I had the '05 Petites Roches and Dioterie. I thought both were pretty good. Both were HUGE by Loire Cab Franc standards but they had lots of lush fruit. Probably not rebuys for me unless I see them deeply discounted but drinkable. Gilman recommended the '05 Dioterie as one to cellar for younger collectors starting out and I think it probably will age nicely for a decade or two.
 
On .sasha's note, I'm probably oversimplifying his meaning, but I recall chats on other boards criticizing some reds for which the grapes were picked ripe as being unified in the 'international' style that washed out the nuance of individual source. Based on my limited personal sampling of some of these wines, I came to think this to be true when they were young, but felt that with age or lots of air a different kind of personality would emerge from the wine. I'm not well-versed enough to say that the wines with age/air suddenly became true to their terroir, but there was a distinct sense of a kind of masking effect going away.

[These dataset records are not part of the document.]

-- ===== src/PTable/Exec.antt =====
-- ExecUpdate of threads/ptable.cc: a program becomes a process.
use nachos_assignment.PTable.{max_process, PTable, exec_in_slot, exec_update}
use nachos_assignment.PTable.Block.{Pcb, max_filename_length, exec, set_file_name}
use nachos_assignment.PTable.Block
use nachos_assignment.PTable.Invariant.{is_process, IsCoherent}
use nachos_assignment.Bitmap.{Bitmap, find_and_set}
use nachos_assignment.Bitmap.View.{marked, Updates}
use nachos_assignment.Bitmap.Loops.{FindsFirst, find_and_set-Finds}
use nachos_assignment.Threads.Semaphore.{p_round, v, free_lock}
use nachos_assignment.Base.{
  ℕ, ◌<◌, ◌≡◌, refl, sym, ap, ◌∙◌, subst, ◌≢◌, inl, inr, true, false, some, arith, ◌==◌, Bool-cases,
  length, get_elem?, set, length-set, get_elem?-set_self, get_elem?-set_ne, get_elem?-some, ℤ, pos,
  minus_one, Name, same_name, Outcome, ok, Name, same_name,
}

-- The control block of a new process.
abbrev pub child_of : ℕ → ℕ → Name → Pcb
child_of i current name = record (Block.new i current) { file_name = name; parent_id = pos current }

-- `t'` is `t` with a new process `i`.
pub record Starts (t : PTable) (i current : ℕ) (name : Name) (t' : PTable) : Type 0 where
  pub keeps : IsCoherent t'
  pub block : get_elem? t'.pcb i ≡ some (some (child_of i current name))
  pub others : (j : ℕ) → j ≢ i → get_elem? t'.pcb j ≡ get_elem? t.pcb j

-- What Exec comes to: a program may not start itself, no number is free, or the program gets the
-- lowest free number.
pub data Executes (t : PTable) (name : Name) (current : ℕ) (current_name : Name)
    (r : Outcome (PTable × ℤ)) : Type 0 where
  itself :
      same_name name current_name ≡ true
      → r ≡ ok (t, minus_one)
      → Executes t name current current_name r
  full :
      ((i : ℕ) → i < max_process → is_process (get_elem? t.pcb i) ≡ true)
      → r ≡ ok (t, minus_one)
      → Executes t name current current_name r
  started :
      (i : ℕ) (t' : PTable)
      → i < max_process
      → is_process (get_elem? t.pcb i) ≡ false
      → ((j : ℕ) → j < i → is_process (get_elem? t.pcb j) ≡ true)
      → r ≡ ok (t', pos i)
      → Starts t i current name t'
      → Executes t name current current_name r

module _ (t : PTable) (name : Name) (current : ℕ) (coherent : IsCoherent t)
    (short : length name < max_filename_length) where
  unchanged : record t { bmsem = free_lock } ≡ t
  unchanged = ap (λ s. record t { bmsem = s }) (sym coherent.unlocked)

  named_block : (i : ℕ) → exec (Block.new i current) name current ≡ ok (child_of i current name)
  unfolding exec set_file_name p_round v
  named_block i = ground (arith, short)

  abbrev with_child : ℕ → Bitmap → PTable
  with_child i bm = record t {
    bm = bm;
    pcb = set t.pcb i (some (child_of i current name));
    bmsem = free_lock;
  }

  started_at :
      (i : ℕ) (bm : Bitmap)
      → i < max_process
      → Updates t.bm i true bm
      → Starts t i current name (with_child i bm)
  started_at i bm small u = record {
    keeps = record {
      bitmap = u.keeps_wf;
      bits = u.same_size ∙ coherent.bits;
      slots = length-set t.pcb i _ ∙ coherent.slots;
      in_step = in_step;
      unlocked = refl;
      blocks_unlocked = unlocked;
    };
    block = here;
    others = λ j n. get_elem?-set_ne t.pcb {i = i} {j = j} _ (λ e. n (sym e));
  }
    where
      here : get_elem? (with_child i bm).pcb i ≡ some (some (child_of i current name))
      here = get_elem?-set_self t.pcb i _ (omega (arith, small, coherent.slots))

      in_step :
          (j : ℕ) → j < max_process → marked bm j ≡ is_process (get_elem? (with_child i bm).pcb j)
      in_step j below = elim (Bool-cases (j == i)) [
        | inl e ↦ let same : j ≡ i = ground arith in rw (same, here) (ground (arith, u.changed i))
        | inr n ↦
            let apart : i ≢ j = ground arith in
            rw (get_elem?-set_ne t.pcb {i = i} {j = j} (some (child_of i current name)) apart)
              (ground (arith, u.changed j, coherent.in_step j below))
      ]

      unlocked :
          (j : ℕ) (q : Pcb)
          → get_elem? (with_child i bm).pcb j ≡ some (some q)
          → q.multex ≡ free_lock
      unlocked j q there = elim (Bool-cases (j == i)) [
        | inl e ↦
            let same : j ≡ i = ground arith in
            let there' =
              subst (λ k. get_elem? (with_child i bm).pcb k ≡ some (some q)) same there in
            let block : child_of i current name ≡ q = ground (arith, there', here) in
            sym (ap (λ (b : Pcb). b.multex) block)
        | inr n ↦
            let apart : i ≢ j = ground arith in
            coherent.blocks_unlocked j q
              (sym (get_elem?-set_ne t.pcb {i = i} {j = j} _ apart) ∙ there)
      ]

  in_free_slot :
      (f : FindsFirst t.bm 0 t.bm.num_bits (find_and_set t.bm))
      → exec_in_slot t name current free_lock (f.bitmap, pos f.found)
        ≡ ok (with_child f.found f.bitmap, pos f.found)
  unfolding exec_in_slot
  in_free_slot f =
      let small : f.found < length t.pcb = omega (arith, f.below, coherent.bits, coherent.slots) in
      let (old, e) = get_elem?-some t.pcb f.found small in rw (e, named_block f.found) refl

  -- A refusal on the table with its lock written out is one on the table.
  refuses :
      (current_name : Name)
      → exec_update (record t { bmsem = free_lock }) (some name) current current_name
        ≡ ok (record t { bmsem = free_lock }, minus_one)
      → exec_update t (some name) current current_name ≡ ok (t, minus_one)
  refuses current_name e =
      subst (λ s. exec_update s (some name) current current_name ≡ ok (s, minus_one)) unchanged e

  -- On a coherent table, Exec of a program whose name has less than 100 bytes answers -1 without a
  -- change if the program would start itself or no number is free; else the new process has the
  -- lowest free number and the caller as its parent, no other process changes, and the table stays
  -- coherent.
  pub exec_update-Executes :
      (current_name : Name)
      → Executes t name current current_name (exec_update t (some name) current current_name)
  unfolding exec_update p_round v exec_in_slot
  exec_update-Executes current_name = elim (Bool-cases (same_name name current_name)) [
    | inl e ↦ itself e (refuses current_name (rw e refl))
    | inr ne ↦ elim (find_and_set-Finds t.bm coherent.bitmap) [
      | inl f ↦
          let small : f.found < max_process = omega (arith, f.below, coherent.bits) in
          started f.found (with_child f.found f.bitmap) small
            (ground (arith, coherent.in_step f.found small, f.was_clear))
            (λ j below. ground (
              arith,
              coherent.in_step j (omega (arith, below, small)),
              f.first j (omega arith) below,
            ))
            (subst
              (λ s.
                exec_update s (some name) current current_name
                ≡ ok (with_child f.found f.bitmap, pos f.found))
              unchanged (rw (ne, f.returns) (in_free_slot f)))
            (started_at f.found f.bitmap small f.updates)
      | inr f ↦
          full
            (λ i below.
              sym (coherent.in_step i below)
              ∙ f.all_marked i (omega arith) (omega (arith, below, coherent.bits)))
            (refuses current_name (rw (ne, f.returns) refl))
    ]
  ]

Anyway, thanks for all the thoughtful response.
 
Hmmm, should I add? I loved the 80's versions, which has the rusticity of feeling like the old Tempier Bandols (along with a smidgen of brett), and I like the current releases, which -- to me -- are not slick, but a more fuller-fruit expression of cabernet franc, more volptuous, but not dolled-up. Of course, I am in the minority here. I'll happily drink from both the Dressner camp and Joguet.
 
I drank the Petite Roches 07 recently and thought it was pretty good; clean and enjoyably leafy. Then I drank it against Baudry 07 Domaine which just trumped it on all levels.
 
My problem with some the more recent wines was an apparent willingness to combine stemminess and oakiness for a distinctly unpleasant mouthfeel.